+++ Listed records

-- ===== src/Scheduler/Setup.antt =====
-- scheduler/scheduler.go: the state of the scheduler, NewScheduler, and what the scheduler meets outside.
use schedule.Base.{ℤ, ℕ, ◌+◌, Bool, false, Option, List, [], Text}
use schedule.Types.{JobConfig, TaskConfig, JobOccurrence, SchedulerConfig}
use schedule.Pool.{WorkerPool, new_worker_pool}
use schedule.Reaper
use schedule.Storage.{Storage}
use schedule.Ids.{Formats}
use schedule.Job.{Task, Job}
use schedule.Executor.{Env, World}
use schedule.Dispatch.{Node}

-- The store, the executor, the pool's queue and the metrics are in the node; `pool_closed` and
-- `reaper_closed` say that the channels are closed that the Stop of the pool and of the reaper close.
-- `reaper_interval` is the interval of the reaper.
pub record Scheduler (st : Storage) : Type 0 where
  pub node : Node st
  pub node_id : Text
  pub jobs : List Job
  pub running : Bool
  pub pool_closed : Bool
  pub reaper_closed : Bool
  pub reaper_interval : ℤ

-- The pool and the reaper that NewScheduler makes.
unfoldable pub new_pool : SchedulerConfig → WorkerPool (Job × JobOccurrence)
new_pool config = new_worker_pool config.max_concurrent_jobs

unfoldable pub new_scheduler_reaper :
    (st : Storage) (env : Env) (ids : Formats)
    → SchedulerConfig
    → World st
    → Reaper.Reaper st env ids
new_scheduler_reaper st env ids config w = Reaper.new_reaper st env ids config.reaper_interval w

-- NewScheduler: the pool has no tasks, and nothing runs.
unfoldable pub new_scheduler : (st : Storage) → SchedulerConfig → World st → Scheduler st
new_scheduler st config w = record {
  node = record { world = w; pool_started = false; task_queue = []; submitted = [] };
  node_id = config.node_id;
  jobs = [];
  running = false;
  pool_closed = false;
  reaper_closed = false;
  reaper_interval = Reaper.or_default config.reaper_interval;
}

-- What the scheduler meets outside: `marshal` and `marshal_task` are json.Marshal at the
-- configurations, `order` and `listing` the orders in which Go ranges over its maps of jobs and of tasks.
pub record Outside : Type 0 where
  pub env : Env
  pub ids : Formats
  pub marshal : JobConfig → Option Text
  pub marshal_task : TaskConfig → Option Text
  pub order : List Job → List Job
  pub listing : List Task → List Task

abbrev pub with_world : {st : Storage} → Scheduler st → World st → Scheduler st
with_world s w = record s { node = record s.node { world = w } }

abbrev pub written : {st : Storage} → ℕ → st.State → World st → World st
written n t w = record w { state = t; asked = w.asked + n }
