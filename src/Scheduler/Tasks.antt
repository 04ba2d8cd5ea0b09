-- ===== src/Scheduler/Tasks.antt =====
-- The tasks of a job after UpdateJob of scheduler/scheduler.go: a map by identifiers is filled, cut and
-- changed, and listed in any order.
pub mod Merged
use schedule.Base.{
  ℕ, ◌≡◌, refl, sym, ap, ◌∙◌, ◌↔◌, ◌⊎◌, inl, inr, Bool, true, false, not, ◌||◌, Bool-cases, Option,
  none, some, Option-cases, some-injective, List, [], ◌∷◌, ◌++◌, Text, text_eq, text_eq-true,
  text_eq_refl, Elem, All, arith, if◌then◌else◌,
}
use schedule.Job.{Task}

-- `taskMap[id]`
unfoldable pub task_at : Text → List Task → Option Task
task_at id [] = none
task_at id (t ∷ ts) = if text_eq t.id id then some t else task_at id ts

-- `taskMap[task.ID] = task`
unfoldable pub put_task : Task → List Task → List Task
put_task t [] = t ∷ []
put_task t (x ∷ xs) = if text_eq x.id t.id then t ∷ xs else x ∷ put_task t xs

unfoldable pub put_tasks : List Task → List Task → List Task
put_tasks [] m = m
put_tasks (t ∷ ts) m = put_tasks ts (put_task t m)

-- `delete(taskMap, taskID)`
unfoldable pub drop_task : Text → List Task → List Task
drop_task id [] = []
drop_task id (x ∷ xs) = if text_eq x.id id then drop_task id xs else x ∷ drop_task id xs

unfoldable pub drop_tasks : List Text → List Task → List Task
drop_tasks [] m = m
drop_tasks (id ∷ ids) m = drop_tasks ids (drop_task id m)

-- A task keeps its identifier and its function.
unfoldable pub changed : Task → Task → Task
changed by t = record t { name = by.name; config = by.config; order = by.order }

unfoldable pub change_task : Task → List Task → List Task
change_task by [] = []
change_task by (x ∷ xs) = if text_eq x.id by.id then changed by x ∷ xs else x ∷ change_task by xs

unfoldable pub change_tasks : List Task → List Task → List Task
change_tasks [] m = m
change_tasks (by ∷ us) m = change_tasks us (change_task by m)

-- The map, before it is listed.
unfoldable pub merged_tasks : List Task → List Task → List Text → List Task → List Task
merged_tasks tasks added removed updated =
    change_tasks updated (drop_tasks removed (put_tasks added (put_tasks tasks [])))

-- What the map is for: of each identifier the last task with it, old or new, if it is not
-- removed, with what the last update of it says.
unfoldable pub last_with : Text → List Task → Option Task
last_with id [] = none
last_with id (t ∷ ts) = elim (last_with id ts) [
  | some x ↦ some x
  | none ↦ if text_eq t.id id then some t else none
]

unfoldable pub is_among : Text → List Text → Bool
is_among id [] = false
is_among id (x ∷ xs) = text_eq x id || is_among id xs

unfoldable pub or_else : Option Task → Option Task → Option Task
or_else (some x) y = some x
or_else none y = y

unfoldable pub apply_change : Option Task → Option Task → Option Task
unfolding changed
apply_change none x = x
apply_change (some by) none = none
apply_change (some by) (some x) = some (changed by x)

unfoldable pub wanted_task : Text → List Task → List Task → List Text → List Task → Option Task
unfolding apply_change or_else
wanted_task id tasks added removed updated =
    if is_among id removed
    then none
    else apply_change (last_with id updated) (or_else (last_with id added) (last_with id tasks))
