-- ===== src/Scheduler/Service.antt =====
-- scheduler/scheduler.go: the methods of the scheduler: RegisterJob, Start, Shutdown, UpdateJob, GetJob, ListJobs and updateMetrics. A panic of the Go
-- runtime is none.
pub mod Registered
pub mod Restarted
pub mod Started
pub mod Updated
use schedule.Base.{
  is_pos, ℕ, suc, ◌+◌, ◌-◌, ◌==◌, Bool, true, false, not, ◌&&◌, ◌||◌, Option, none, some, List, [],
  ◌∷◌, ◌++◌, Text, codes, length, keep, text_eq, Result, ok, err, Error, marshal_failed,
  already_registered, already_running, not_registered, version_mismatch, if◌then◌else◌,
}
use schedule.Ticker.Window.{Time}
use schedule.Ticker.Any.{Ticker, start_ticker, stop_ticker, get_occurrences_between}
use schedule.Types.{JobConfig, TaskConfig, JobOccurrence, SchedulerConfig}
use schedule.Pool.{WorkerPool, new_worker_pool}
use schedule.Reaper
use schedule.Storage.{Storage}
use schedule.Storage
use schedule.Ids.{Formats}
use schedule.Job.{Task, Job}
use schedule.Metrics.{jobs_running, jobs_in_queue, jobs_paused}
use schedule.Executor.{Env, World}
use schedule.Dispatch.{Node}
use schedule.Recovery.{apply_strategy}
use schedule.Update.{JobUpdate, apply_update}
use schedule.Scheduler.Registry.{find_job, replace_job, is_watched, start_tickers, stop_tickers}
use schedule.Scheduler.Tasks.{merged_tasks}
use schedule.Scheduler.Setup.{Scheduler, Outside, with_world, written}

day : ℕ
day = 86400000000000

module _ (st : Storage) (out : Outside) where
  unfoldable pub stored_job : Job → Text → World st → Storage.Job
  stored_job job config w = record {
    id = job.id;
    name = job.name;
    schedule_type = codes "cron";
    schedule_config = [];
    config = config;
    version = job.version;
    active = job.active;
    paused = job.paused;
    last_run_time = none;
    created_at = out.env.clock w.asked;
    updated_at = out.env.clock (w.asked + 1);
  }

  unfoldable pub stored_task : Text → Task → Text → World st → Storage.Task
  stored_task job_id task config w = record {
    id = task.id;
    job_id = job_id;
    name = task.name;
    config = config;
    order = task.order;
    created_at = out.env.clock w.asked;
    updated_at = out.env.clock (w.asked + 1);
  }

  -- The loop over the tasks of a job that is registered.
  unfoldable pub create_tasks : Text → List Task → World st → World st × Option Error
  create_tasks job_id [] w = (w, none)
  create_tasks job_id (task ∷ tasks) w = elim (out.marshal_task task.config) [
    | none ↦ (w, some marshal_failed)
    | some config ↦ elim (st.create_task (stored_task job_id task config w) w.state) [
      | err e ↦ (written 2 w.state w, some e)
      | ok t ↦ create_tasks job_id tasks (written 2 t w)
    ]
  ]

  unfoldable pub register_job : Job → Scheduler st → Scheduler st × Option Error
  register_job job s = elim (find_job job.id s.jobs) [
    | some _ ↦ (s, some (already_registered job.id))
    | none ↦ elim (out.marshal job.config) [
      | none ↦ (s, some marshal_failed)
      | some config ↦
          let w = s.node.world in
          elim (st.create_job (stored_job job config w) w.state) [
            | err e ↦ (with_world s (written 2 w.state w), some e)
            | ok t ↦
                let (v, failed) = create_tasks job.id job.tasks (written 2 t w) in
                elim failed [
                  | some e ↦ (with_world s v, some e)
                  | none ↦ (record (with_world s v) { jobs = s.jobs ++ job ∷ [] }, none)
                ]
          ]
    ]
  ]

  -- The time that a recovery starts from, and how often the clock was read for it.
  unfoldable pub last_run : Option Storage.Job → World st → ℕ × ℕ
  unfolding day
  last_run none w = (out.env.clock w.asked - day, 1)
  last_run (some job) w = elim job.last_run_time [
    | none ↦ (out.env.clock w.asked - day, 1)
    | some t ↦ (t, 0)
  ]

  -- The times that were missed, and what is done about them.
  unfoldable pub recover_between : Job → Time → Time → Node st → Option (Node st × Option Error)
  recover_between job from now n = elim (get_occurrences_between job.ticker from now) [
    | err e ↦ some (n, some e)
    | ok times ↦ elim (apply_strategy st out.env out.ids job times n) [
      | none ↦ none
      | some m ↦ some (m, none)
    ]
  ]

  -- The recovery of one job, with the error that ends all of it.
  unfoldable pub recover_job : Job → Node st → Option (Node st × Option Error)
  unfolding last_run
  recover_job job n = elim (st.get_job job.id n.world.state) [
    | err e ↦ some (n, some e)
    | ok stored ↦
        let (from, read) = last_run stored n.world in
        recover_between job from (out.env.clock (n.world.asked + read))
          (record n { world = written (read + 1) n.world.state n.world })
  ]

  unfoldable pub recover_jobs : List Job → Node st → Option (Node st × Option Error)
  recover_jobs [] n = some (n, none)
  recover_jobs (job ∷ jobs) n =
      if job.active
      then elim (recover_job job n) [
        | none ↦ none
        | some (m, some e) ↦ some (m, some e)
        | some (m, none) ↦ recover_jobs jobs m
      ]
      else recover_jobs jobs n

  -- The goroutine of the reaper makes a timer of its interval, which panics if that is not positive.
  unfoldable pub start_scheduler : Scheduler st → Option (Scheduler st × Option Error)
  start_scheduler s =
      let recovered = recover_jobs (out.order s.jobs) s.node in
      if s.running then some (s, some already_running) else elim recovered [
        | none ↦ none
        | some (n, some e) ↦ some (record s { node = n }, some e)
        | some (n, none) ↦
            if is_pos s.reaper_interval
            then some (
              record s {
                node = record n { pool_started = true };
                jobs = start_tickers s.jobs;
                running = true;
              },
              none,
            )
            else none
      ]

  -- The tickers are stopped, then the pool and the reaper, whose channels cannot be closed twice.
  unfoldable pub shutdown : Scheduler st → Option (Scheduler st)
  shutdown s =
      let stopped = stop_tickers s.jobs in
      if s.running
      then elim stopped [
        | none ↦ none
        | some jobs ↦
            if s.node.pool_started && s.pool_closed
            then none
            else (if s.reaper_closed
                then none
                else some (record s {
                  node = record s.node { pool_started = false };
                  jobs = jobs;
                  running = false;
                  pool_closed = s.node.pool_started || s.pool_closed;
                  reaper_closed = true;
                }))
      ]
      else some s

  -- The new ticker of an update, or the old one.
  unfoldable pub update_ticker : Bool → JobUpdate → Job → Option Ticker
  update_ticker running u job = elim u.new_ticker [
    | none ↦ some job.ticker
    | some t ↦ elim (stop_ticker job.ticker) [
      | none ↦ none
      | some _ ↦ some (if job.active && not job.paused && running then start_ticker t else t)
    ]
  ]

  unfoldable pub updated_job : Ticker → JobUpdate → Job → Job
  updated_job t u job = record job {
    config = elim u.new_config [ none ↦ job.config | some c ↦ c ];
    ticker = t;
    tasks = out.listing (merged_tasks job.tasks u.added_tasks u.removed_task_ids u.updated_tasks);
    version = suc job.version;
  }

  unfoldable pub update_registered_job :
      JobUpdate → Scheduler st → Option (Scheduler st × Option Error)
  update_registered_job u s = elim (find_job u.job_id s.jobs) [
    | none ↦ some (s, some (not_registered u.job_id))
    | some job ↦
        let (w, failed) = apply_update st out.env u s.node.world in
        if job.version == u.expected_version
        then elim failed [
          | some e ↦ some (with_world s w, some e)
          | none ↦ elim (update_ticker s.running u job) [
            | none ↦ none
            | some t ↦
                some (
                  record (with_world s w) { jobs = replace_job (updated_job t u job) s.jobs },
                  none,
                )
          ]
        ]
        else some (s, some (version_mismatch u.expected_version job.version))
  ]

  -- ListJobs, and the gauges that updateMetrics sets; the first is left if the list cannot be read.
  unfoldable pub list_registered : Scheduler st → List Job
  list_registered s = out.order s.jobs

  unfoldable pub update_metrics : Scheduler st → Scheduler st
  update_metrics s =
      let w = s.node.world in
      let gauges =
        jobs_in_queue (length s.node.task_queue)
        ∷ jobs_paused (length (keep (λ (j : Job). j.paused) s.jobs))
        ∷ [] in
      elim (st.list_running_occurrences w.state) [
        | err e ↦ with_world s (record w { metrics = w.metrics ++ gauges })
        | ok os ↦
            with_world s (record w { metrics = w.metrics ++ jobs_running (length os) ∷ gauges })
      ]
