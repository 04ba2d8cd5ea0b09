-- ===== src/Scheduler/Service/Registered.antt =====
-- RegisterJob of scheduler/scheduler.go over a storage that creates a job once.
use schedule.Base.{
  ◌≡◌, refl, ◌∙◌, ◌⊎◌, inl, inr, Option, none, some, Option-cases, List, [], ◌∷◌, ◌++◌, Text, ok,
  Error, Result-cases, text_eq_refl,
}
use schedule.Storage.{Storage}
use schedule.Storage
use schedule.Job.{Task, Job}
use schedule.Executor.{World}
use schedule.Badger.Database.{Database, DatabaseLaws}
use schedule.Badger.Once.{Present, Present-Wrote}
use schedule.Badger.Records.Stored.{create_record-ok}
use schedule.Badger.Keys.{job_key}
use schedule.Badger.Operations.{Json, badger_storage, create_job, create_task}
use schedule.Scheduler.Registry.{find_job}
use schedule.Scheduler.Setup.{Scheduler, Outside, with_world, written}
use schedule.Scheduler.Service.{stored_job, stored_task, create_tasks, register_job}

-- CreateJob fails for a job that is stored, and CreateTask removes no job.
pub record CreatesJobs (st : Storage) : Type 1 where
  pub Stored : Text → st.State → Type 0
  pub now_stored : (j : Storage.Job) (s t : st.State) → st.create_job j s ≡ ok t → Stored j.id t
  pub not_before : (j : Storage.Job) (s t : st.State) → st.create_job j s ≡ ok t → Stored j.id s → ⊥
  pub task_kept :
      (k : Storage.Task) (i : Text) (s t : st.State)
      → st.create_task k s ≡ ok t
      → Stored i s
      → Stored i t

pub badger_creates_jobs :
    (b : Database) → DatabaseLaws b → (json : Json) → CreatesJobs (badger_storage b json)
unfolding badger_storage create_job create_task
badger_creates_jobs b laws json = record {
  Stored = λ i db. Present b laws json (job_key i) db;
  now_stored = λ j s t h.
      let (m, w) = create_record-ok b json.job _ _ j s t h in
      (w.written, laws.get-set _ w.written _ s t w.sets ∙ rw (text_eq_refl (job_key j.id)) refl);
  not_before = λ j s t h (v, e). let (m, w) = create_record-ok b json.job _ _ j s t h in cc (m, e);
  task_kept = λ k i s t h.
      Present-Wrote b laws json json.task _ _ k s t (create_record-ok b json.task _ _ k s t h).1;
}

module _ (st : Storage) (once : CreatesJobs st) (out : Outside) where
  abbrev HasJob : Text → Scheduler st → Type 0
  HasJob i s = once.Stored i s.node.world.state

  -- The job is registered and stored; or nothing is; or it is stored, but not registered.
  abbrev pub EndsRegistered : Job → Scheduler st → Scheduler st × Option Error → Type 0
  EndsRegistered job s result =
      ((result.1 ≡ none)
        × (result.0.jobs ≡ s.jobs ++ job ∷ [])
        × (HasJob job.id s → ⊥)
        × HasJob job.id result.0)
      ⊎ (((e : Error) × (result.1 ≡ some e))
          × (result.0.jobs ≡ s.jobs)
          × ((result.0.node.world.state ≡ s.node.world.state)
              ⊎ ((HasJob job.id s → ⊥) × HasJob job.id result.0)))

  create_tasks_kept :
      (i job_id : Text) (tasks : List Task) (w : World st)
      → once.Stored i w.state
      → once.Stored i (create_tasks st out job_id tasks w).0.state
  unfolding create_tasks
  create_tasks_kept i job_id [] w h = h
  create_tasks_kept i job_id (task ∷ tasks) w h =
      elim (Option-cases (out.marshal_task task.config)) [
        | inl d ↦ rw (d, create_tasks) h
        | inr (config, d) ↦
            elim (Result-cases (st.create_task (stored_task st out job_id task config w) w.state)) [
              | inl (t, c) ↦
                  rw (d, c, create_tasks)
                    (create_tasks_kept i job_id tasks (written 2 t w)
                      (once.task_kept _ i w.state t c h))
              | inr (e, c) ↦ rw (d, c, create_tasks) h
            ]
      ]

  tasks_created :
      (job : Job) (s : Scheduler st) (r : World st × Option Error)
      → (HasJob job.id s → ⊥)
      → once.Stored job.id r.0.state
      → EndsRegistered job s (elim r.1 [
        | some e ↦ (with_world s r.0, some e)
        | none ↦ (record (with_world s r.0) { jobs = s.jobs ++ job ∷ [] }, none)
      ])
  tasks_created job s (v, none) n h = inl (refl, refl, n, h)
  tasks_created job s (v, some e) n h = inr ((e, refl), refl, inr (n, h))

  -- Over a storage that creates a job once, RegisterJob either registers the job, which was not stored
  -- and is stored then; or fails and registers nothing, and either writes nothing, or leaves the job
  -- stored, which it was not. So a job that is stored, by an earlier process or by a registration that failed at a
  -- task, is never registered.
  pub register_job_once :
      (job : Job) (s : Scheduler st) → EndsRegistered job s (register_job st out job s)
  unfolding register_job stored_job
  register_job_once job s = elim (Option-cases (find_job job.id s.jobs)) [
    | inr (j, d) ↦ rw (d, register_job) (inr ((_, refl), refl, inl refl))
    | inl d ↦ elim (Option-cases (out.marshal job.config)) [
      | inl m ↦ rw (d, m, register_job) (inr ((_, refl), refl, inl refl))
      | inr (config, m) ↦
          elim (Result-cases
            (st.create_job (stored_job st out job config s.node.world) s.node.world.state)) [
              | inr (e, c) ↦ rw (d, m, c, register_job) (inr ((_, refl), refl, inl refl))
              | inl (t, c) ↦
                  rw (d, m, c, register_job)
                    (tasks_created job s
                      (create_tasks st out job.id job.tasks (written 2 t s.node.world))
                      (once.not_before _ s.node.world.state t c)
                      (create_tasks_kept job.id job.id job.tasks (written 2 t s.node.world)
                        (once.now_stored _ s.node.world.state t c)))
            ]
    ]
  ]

++++++

:: What the task requires ::
Reproduce the material above exactly, beginning at its first line and ending with the line that holds "of the reaper.". Include nothing else.

:: Response area ::
-- ===== src/Scheduler/Setup.antt =====
-- scheduler/scheduler.go: the state of the scheduler, NewScheduler, and what the scheduler meets outside.
use schedule.Base.{ℤ, ℕ, ◌+◌, Bool, false, Option, List, [], Text}
use schedule.Types.{JobConfig, TaskConfig, JobOccurrence, SchedulerConfig}
use schedule.Pool.{WorkerPool, new_worker_pool}
use schedule.Reaper
use schedule.Storage.{Storage}
use schedule.Ids.{Formats}
use schedule.Job.{Task, Job}
use schedule.Executor.{Env, World}
use schedule.Dispatch.{Node}

-- The store, the executor, the pool's queue and the metrics are in the node; `pool_closed` and
-- `reaper_closed` say that the channels are closed that the Stop of the pool and of the reaper close.
-- `reaper_interval` is the interval of the reaper.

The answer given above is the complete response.